如何在 dask DataFrame.iterrows 上显示进度条

问题描述 投票:0回答:2

我尝试在 dask 上使用 iterrows 时显示进度条。但是,它只显示(我假设的)第一个循环进度条。

 import dask.array as da
 import dask.dataframe as dd
 from dask.diagnostics import ProgressBar
 from tqdm.auto import tqdm
 
 # Create a Dask array with many rows of data
 data = da.ones((10000, 1))
 
 # Convert the Dask array to a Dask DataFrame with a single column
 df = dd.from_dask_array(data, columns=['value'])
 
 with ProgressBar():
     for i, row in df.iterrows():
         process(row)
 

我希望它显示整个循环的进度条

python pandas dask tqdm
2个回答
1
投票

更新

ProgressBar
的目标与
tqdm
不一样。

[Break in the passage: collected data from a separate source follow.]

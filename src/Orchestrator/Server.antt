-- ===== src/Orchestrator/Server.antt =====
-- internal/orchestrator/server.go: the handlers, on the state of the three components they share.
-- `now` is what `time.Now` returned; calls of the workers are returned as requests, or answered by
-- a parameter.
mod Messages
pub mod Dispatch
pub mod Reports
use go_sentinel.Base.{
  ℕ, ◌+◌, ◌/◌, String, List, [], ◌∷◌, Option, none, some, Bool, true, false, str_eq, not, ◌&&◌, ltb,
  length, map, if◌then◌else◌,
}
use go_sentinel.Base.Int.{ℤ, pos, negsuc, ◌+ℤ◌, quot, wrap32}
use go_sentinel.Base.Dict.{Dict, get_or, lookup}
use go_sentinel.Base.Float.{Float64}
use go_sentinel.Base.Result.{Result, ok, err, ◌>>=◌}
use go_sentinel.Base.Text.{cut_prefix}
use go_sentinel.Models.{WorkerNode, WorkerStatus, TestStatus, MetricSnapshot}
use go_sentinel.Proto
use go_sentinel.Runtime.Duration.{Durations, millisecond}
use go_sentinel.Runtime.Received.{PlanError, convert_plan}
use go_sentinel.Orchestrator.Allocation.{allocate_stage_vus}
use go_sentinel.Orchestrator.Aggregator.{
  MetricsAggregator, Batch, update_worker_metrics, get_aggregated_metrics,
}
use go_sentinel.Orchestrator.Distributor.{
  PlanDistributor, ActiveTest, distribute_plan, get_active_test, set_status, mark_worker_done,
}
use go_sentinel.Orchestrator.Distributor
use go_sentinel.Orchestrator.Nodes.{
  NodeManager, get_node, get_nodes, register_node, update_last_seen, update_status,
}
use Prim.Native.String
unfoldable pub use Messages.*

pub record Server (F : Type 0) : Type 0 where
  pub nodes : NodeManager
  pub distributor : PlanDistributor
  pub aggregator : MetricsAggregator F

pub data Error : Type 0 where
  invalid_argument : PlanError → Error
  internal : Distributor.Error → Error
  register_failed : Error
  not_found : String → Error

-- `StopTestResponse`: its counts stand for its message; none where the test was not found.
pub record StopTestResponse : Type 0 where
  pub success : Bool
  pub stopped : Option (ℕ × ℕ)

-- `stops address worker_id` is whether the worker stopped the test.
stop_workers : (String → String → Bool) → NodeManager → Dict ℤ → ℕ × ℕ
stop_workers stops nm [] = (0, 0)
stop_workers stops nm ((id, vus) ∷ ws) =
    let (stopped, failed) = stop_workers stops nm ws in
    elim (get_node nm id) [
      | none ↦ (stopped, failed + 1)
      | some node ↦
          if stops (dialable_address node.address) id
          then (stopped + 1, failed)
          else (stopped, failed + 1)
    ]

module _ (float : Float64) where
  open float use {F, of_int}

  -- The calls that `dispatchToWorkers` makes for the entries of a distribution.
  unfoldable pub dispatch_each :
      NodeManager → Proto.TestPlan → List (Dict ℤ) → Dict ℤ → List RunRequest
  unfolding plan_for_worker dialable_address
  dispatch_each nm plan allocations [] = []
  dispatch_each nm plan allocations ((id, vus) ∷ rest) =
      let others = dispatch_each nm plan allocations rest in
      elim (get_node nm id) [
        | none ↦ others
        | some node ↦
            record {
              address = dialable_address node.address;
              test_id = plan.id;
              plan = plan_for_worker plan id vus allocations;
              assigned_vus = vus;
              worker_id = id;
            }
            ∷ others
      ]

  unfoldable pub stage_allocations : Dict ℤ → List Proto.Stage → List (Dict ℤ)
  stage_allocations distribution [] = []
  stage_allocations distribution (s ∷ ss) =
      allocate_stage_vus float distribution s.target_vus ∷ stage_allocations distribution ss

  unfoldable pub dispatch_to_workers : NodeManager → Proto.TestPlan → Dict ℤ → List RunRequest
  unfolding dispatch_each stage_allocations
  dispatch_to_workers nm plan distribution =
      dispatch_each nm plan (stage_allocations distribution plan.stages) distribution

  pub record DistributeResponse : Type 0 where
    pub test_id : String
    pub workers_assigned : ℤ
    pub worker_vu_distribution : Dict ℤ

  unfoldable pub distribute_test_plan :
      Durations
      → Server F
      → Proto.TestPlan
      → Result Error (DistributeResponse × List RunRequest × Server F)
  unfolding dispatch_to_workers
  distribute_test_plan durations s plan = elim (convert_plan durations plan) [
    | err e ↦ err (invalid_argument e)
    | ok converted ↦
        elim (distribute_plan float (get_nodes s.nodes) s.distributor plan.id converted) [
          | err e ↦ err (internal e)
          | ok (distribution, distributor) ↦ ok (
            record {
              test_id = plan.id;
              workers_assigned = count_of distribution;
              worker_vu_distribution = distribution;
            },
            dispatch_to_workers s.nodes plan distribution,
            record s { distributor = distributor },
          )
        ]
  ]

  -- Nil parts are replaced by zero messages.
  unfoldable pub filled : Proto.MetricBatch F → Batch F
  filled batch = record {
    rps = elim batch.rps_snapshot [
      | none ↦ record {
        current = of_int (pos 0);
        average = of_int (pos 0);
        peak = of_int (pos 0);
        window_seconds = pos 0;
      }
      | some rps ↦ rps
    ];
    latency = elim batch.latency_histogram [
      | none ↦ record {
        min_ms = pos 0;
        max_ms = pos 0;
        mean_ms = pos 0;
        p50_ms = pos 0;
        p95_ms = pos 0;
        p99_ms = pos 0;
        p999_ms = pos 0;
        count = pos 0;
      }
      | some latency ↦ latency
    ];
    error_rate = elim batch.error_rate [
      | none ↦ record { rate = of_int (pos 0); percentage = of_int (pos 0); error_messages = [] }
      | some error_rate ↦ error_rate
    ];
    batch_timestamp_ms = batch.batch_timestamp_ms;
    total_requests = batch.total_requests;
    total_errors = batch.total_errors;
  }

  -- The last part of `ReportMetrics`: what a batch says of its test's completion.
  unfoldable pub note_completion : PlanDistributor → Proto.MetricBatch F → PlanDistributor
  note_completion pd batch =
      let (marked, complete) = mark_worker_done pd batch.test_id batch.worker_id in
      if not (str_eq batch.test_id "") && not batch.test_active
      then (if complete then set_status marked batch.test_id TestStatus.completed else marked)
      else pd

  unfoldable pub report_metrics : ℤ → Server F → Option (Proto.MetricBatch F) → Server F × Bool
  unfolding filled note_completion
  report_metrics now s none = (s, false)
  report_metrics now s (some batch) =
      let worker_status = if batch.test_active then WorkerStatus.running else WorkerStatus.idle in
      let seen = update_last_seen now s.nodes batch.worker_id in
      (
        record {
          nodes = update_status seen batch.worker_id worker_status;
          distributor = note_completion s.distributor batch;
          aggregator =
              update_worker_metrics float now s.aggregator batch.test_id batch.worker_id
                (filled batch);
        },
        true,
      )

  unfoldable pub get_test_status : Server F → String → Result Error (TestStatusResponse F)
  unfolding status_to_proto total_vus_of snapshot_to_proto
  get_test_status s test_id = elim (get_active_test s.distributor test_id) [
    | none ↦ err (not_found test_id)
    | some test ↦ ok (record {
      status = status_to_proto test.status;
      active_workers = count_of test.workers;
      total_vus = total_vus_of (pos 0) test.workers;
      current_metrics = snapshot_to_proto (get_aggregated_metrics float s.aggregator test_id);
    })
  ]

  unfoldable pub stop_test :
      (String → String → Bool) → Server F → String → Server F × StopTestResponse
  unfolding stop_workers
  stop_test stops s test_id = elim (get_active_test s.distributor test_id) [
    | none ↦ (s, record { success = false; stopped = none })
    | some test ↦
        let (stopped, failed) = stop_workers stops s.nodes test.workers in
        (
          record s { distributor = set_status s.distributor test_id TestStatus.stopped },
          record { success = not (ltb 0 failed); stopped = some (stopped, length test.workers) },
        )
  ]

pub record RegisterWorkerRequest : Type 0 where
  pub worker_id : String
  pub address : String
  pub max_vus : ℤ
  pub metadata : Dict String

-- etcd failed where `failed` is true.
unfoldable pub register_worker :
    {F : Type 0}
    → (String → ℕ → ℕ)
    → Bool
    → ℤ
    → Server F
    → RegisterWorkerRequest
    → Server F × Result Error (Unit {0})
register_worker hash failed now s req =
    let node : WorkerNode = record {
      id = req.worker_id;
      address = req.address;
      max_vus = req.max_vus;
      status = WorkerStatus.idle;
      metadata = req.metadata;
      last_seen = now;
    } in
    let (nodes, answer) = register_node hash failed s.nodes node in
    (record s { nodes = nodes }, elim answer [ ok u ↦ ok tt | err e ↦ err register_failed ])

pub record WorkerInfo : Type 0 where
  pub worker_id : String
  pub address : String
  pub max_vus : ℤ
  pub status : WorkerStatus
  pub last_seen_ms : ℤ

unfoldable pub list_workers : {F : Type 0} → Server F → List WorkerInfo
list_workers s =
    map
      (λ node. record {
        worker_id = node.id;
        address = node.address;
        max_vus = node.max_vus;
        status = node.status;
        last_seen_ms = unix_milli node.last_seen;
      })
      (get_nodes s.nodes)
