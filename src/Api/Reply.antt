-- ===== src/Api/Reply.antt =====
-- internal/api/server.go: what a handler writes. `refuse` is writeError with its status code; the
-- text of the error is not modelled. `no_content` is the status 204.
use go_sentinel.Base.{ℕ}

pub data Reply (B : Type 0) : Type 0 where
  reply : ℕ → B → Reply B
  refuse : ℕ → Reply B
  no_content : Reply B
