-- ===== src/Api/Auth.antt =====
-- internal/api/auth.go: sessions and the first account. Argon2id, the hash of a token, the random
-- token, the decoder of the body and the clock, which counts nanoseconds, are parameters.
pub mod Sessions
use go_sentinel.Base.{
  ℕ, ◌*◌, ◌+◌, String, List, [], ◌∷◌, Option, none, some, Bool, true, false, not, ◌||◌, str_eq, ltb,
  if◌then◌else◌,
}
use go_sentinel.Base.Int.{ℤ, pos, negsuc, ◌+ℤ◌, quot, wrap64}
use go_sentinel.Base.Result.{Result, ok, err}
use go_sentinel.Base.Text.{trim_space}
use go_sentinel.Store.{User, Database, StoreError}
use go_sentinel.Store.Users.{
  get_user_by_name, create_user, count_users, create_session, user_for_session, delete_session,
}
use go_sentinel.Orchestrator.Server.{unix_milli}
use go_sentinel.Api.Reply.{Reply, reply, refuse, no_content}

pub record AuthConfig : Type 0 where
  pub enabled : Bool
  pub session_ttl : ℤ
  pub secure_cookies : Bool

-- The cookie that a handler sets: its value and its age in seconds.
pub record Cookie : Type 0 where
  pub value : String
  pub secure : Bool
  pub max_age : ℤ

pub record LoginRequest : Type 0 where
  pub username : String
  pub password : String

-- hashToken, and VerifyPassword of a password and an encoded hash.
pub record Crypto : Type 0 where
  pub hash_token : String → String
  pub verify_password : String → String → Bool

abbrev pub second : ℤ
second = pos 1000000000

unfoldable pub session_cookie_value : AuthConfig → String → ℤ → Cookie
session_cookie_value auth token max_age = record {
  value = token;
  secure = auth.secure_cookies;
  max_age = max_age;
}

abbrev pub clear_cookie : AuthConfig → Cookie
unfolding session_cookie_value
clear_cookie auth = session_cookie_value auth "" (negsuc 0)

-- A response: the cookie that it sets, and what is written.
pub record Response (B : Type 0) : Type 0 where
  pub cookie : Option Cookie
  pub body : Reply B

abbrev pub plain : {B : Type 0} → Reply B → Response B
plain body = record { cookie = none; body = body }

-- The value of the request's cookie, where it has one that is not empty.
abbrev pub token_of : Option String → Option String
token_of none = none
token_of (some token) = if str_eq token "" then none else some token

module _ {F : Type 0} (c : Crypto) (auth : AuthConfig) where
  open c use {hash_token, verify_password}

  -- What the wrapped handler runs with: the user of the request's context, where it has one; or the
  -- response in its place.
  unfoldable pub require_auth :
      Option String → ℤ → Database F → Result (Response (Unit {0})) (Option User)
  unfolding session_cookie_value
  require_auth cookie now db = if not auth.enabled then ok none else elim (token_of cookie) [
    | none ↦ err (plain (refuse 401))
    | some token ↦ elim (user_for_session (hash_token token) (unix_milli now) db) [
      | err e ↦ err (record { cookie = some (clear_cookie auth); body = refuse 401 })
      | ok user ↦ ok (some user)
    ]
  ]

  -- The new session of a user whose password was right; the answer has the user's name.
  unfoldable pub open_session : ℤ → Option String → User → Database F → Database F × Response String
  unfolding session_cookie_value
  open_session now none user db = (db, plain (refuse 500))
  open_session now (some token) user db =
      elim (create_session (hash_token token) user.id (unix_milli (now +ℤ auth.session_ttl)) db) [
        | err e ↦ (db, plain (refuse 500))
        | ok after ↦ (
          after,
          record {
            cookie = some (session_cookie_value auth token (quot auth.session_ttl second));
            body = reply 200 user.username;
          },
        )
      ]

  unfoldable pub handle_login :
      ℤ → Option String → Option LoginRequest → Database F → Database F × Response String
  unfolding open_session
  handle_login now token none db = (db, plain (refuse 400))
  handle_login now token (some req) db = elim (get_user_by_name (trim_space req.username) db) [
    | err e ↦ (db, plain (refuse 401))
    | ok user ↦
        if not (verify_password req.password user.password_hash)
        then (db, plain (refuse 401))
        else open_session now token user db
  ]

  unfoldable pub handle_logout : Option String → Database F → Database F × Response (Unit {0})
  unfolding session_cookie_value
  handle_logout cookie db = (
    elim (token_of cookie) [ none ↦ db | some token ↦ delete_session (hash_token token) db ],
    record { cookie = some (clear_cookie auth); body = no_content },
  )

  -- Whether a login is required, and the name of the user where one is signed in.
  unfoldable pub handle_me : Option String → ℤ → Database F → Bool × Option String
  handle_me cookie now db = if not auth.enabled then (false, none) else elim (token_of cookie) [
    | none ↦ (true, none)
    | some token ↦ elim (user_for_session (hash_token token) (unix_milli now) db) [
      | err e ↦ (true, none)
      | ok user ↦ (true, some user.username)
    ]
  ]

-- The errors of BootstrapUser.
pub data BootstrapError : Type 0 where
  no_credentials : BootstrapError
  hash_failed : BootstrapError
  of_store : StoreError → BootstrapError

-- `hash` is what HashPassword returns. The result says whether an account was created.
unfoldable pub bootstrap_user :
    {F : Type 0}
    → ℤ
    → Option String
    → String
    → String
    → Database F
    → Result BootstrapError (Database F × Bool)
bootstrap_user now hash username password db =
    if ltb 0 (count_users db)
    then ok (db, false)
    else (if str_eq username "" || str_eq password "" then err no_credentials else elim hash [
      | none ↦ err hash_failed
      | some h ↦ elim (create_user (unix_milli now) username h db) [
        | err e ↦ err (of_store e)
        | ok made ↦ ok (made.0, true)
      ]
    ])
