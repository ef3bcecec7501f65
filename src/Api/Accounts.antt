-- ===== src/Api/Accounts.antt =====
-- internal/api/users.go: the accounts. `current` is the user of the request, none where
-- authentication is off.
use go_sentinel.Base.{
  ℕ, String, List, Option, none, some, Bool, true, false, str_eq, ltb, leb, if◌then◌else◌, ◌≡◌,
  refl, arith, any, Bool-cases, inl, inr, [], ◌∷◌, ◌==◌,
}
use go_sentinel.Base.Int.{ℤ, eqb_ℤ, eqb_ℤ_iff}
use go_sentinel.Base.Result.{Result, ok, err}
use go_sentinel.Base.Text.{trim_space}
use go_sentinel.Store.{User, Database, StoreError, not_found, constraint_failed}
use go_sentinel.Store.Table.{delete_rows, affected}
use go_sentinel.Store.Runs.{or_same}
use go_sentinel.Store.Users.{
  get_user_by_name, create_user, count_users, list_users, delete_user, has_user_id,
}
use go_sentinel.Orchestrator.Server.{unix_milli}
use go_sentinel.Api.Auth.{LoginRequest}
use go_sentinel.Api.Reply.{Reply, reply, refuse, no_content}

abbrev pub min_password_length : ℕ
min_password_length = 8

-- 404 for ErrNotFound, else 500
abbrev pub refusal_of : {B : Type 0} → StoreError → Reply B
refusal_of not_found = refuse 404
refusal_of constraint_failed = refuse 500

abbrev pub is_own : Option User → ℤ → Bool
is_own none id = false
is_own (some u) id = eqb_ℤ u.id id

others_stay :
    (id own : ℤ) (users : List User)
    → eqb_ℤ own id ≡ false
    → any (has_user_id own) (delete_rows (has_user_id id) users) ≡ any (has_user_id own) users
unfolding delete_rows
others_stay id own [] e = refl
others_stay id own (u ∷ users) e =
    ground
      (arith, others_stay id own users, eqb_ℤ_iff u.id id, eqb_ℤ_iff u.id own, eqb_ℤ_iff own id)

module _ {F : Type 0} where
  unfoldable pub handle_list_users : (String → String → Bool) → Database F → Reply (List User)
  handle_list_users before db = reply 200 (list_users before db)

  -- `byte_length` is `len` of a string, `hash` what HashPassword returns.
  unfoldable pub handle_create_user :
      (String → ℕ) → ℤ → Option String → Option LoginRequest → Database F → Database F × Reply User
  handle_create_user byte_length now hash none db = (db, refuse 400)
  handle_create_user byte_length now hash (some req) db =
      let username = trim_space req.username in
      if str_eq username ""
      then (db, refuse 422)
      else (if ltb (byte_length req.password) min_password_length
          then (db, refuse 422)
          else elim (get_user_by_name username db) [
            | ok taken ↦ (db, refuse 409)
            | err e ↦ elim hash [
              | none ↦ (db, refuse 500)
              | some h ↦ elim (create_user (unix_milli now) username h db) [
                | err e ↦ (db, refuse 409)
                | ok made ↦ (made.0, reply 201 made.1)
              ]
            ]
          ])

  -- `id` is what ParseInt reads from the path.
  unfoldable pub handle_delete_user :
      Option User → Option ℤ → Database F → Database F × Reply (Unit {0})
  handle_delete_user current none db = (db, refuse 400)
  handle_delete_user current (some id) db =
      if is_own current id
      then (db, refuse 409)
      else (if leb (count_users db) 1 then (db, refuse 409) else elim (delete_user id db) [
        | err e ↦ (db, refusal_of e)
        | ok after ↦ (after, no_content)
      ])

  deleted-users :
      (id own : ℤ) (db : Database F)
      → eqb_ℤ own id ≡ false
      → any (has_user_id own) (or_same db (delete_user id db)).users
        ≡ any (has_user_id own) db.users
  unfolding delete_user
  deleted-users id own db e = elim (Bool-cases (affected (has_user_id id) db.users == 0)) [
    | inl n ↦ rw (delete_user, n) refl
    | inr n ↦ rw (delete_user, n) (others_stay id own db.users e)
  ]

  after_delete :
      (db : Database F) (r : Result StoreError (Database F))
      → (elim r as (λ x. Database F × Reply (Unit {0})) [
        | err e ↦ (db, refusal_of e)
        | ok after ↦ (after, no_content)
      ]).0
        ≡ or_same db r
  after_delete db (err e) = refl
  after_delete db (ok after) = refl

  -- The account of a signed-in user survives its own requests: whatever id a user of the table asks
  -- to delete, the table still has an account with the user's id afterwards, so that it is not empty.
  handle_delete_user-own :
      (u : User) (id : Option ℤ) (db : Database F)
      → any (has_user_id u.id) db.users ≡ true
      → any (has_user_id u.id) (handle_delete_user (some u) id db).0.users ≡ true
  unfolding handle_delete_user
  handle_delete_user-own u none db h = h
  handle_delete_user-own u (some id) db h = elim (Bool-cases (eqb_ℤ u.id id)) [
    | inl e ↦ rw (handle_delete_user, e) h
    | inr e ↦ elim (Bool-cases (leb (count_users db) 1)) [
      | inl n ↦ rw (handle_delete_user, e, n) h
      | inr n ↦
          rw
            (
              handle_delete_user,
              e,
              n,
              after_delete db (delete_user id db),
              deleted-users id u.id db e,
            )
            h
    ]
  ]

试试这个看看区别:

import dask as ds
import dask.array as da
import dask.dataframe as dd
from dask.diagnostics import ProgressBar
import time

data = da.random.randint(1, 100, (10000, 2))
df = dd.from_dask_array(data, columns=['x', 'y'])

@ds.delayed
def taskA(df):
    time.sleep(1)
    return df['x'] * df['y']

@ds.delayed
def taskB(sr):
    time.sleep(1)
    return sr / 100
        
with ProgressBar():
    ds.compute(taskB(taskA(df)))

你可以试试:

import dask.array as da
import dask.dataframe as dd
from dask.diagnostics import ProgressBar
from tqdm.auto import tqdm
 
# Create a Dask array with many rows of data
data = da.ones((10000, 1))
 
 # Convert the Dask array to a Dask DataFrame with a single column
df = dd.from_dask_array(data, columns=['value'])
 
for i, row in tqdm(df.iterrows(), total=len(df)):
   process(row)

输出:

100%|███████████████████████████████████████████████| 10000/10000 [00:00<00:00, 34659.83it/s]

0
投票

要在 Dask DataFrame 上使用 iterrows 时显示每次迭代的进度条,您可以使用 tqdm 包来包装 iterrows 返回的迭代器。这是一个例子:

import time
import dask.array as da
import dask.dataframe as dd
from dask.diagnostics import ProgressBar
from tqdm.auto import tqdm

def process(row):
   time.sleep(0.001)
# Create a Dask array with many rows of data
data = da.ones((10000, 1))

# Convert the Dask array to a Dask DataFrame with a single column
df = dd.from_dask_array(data, columns=['value'])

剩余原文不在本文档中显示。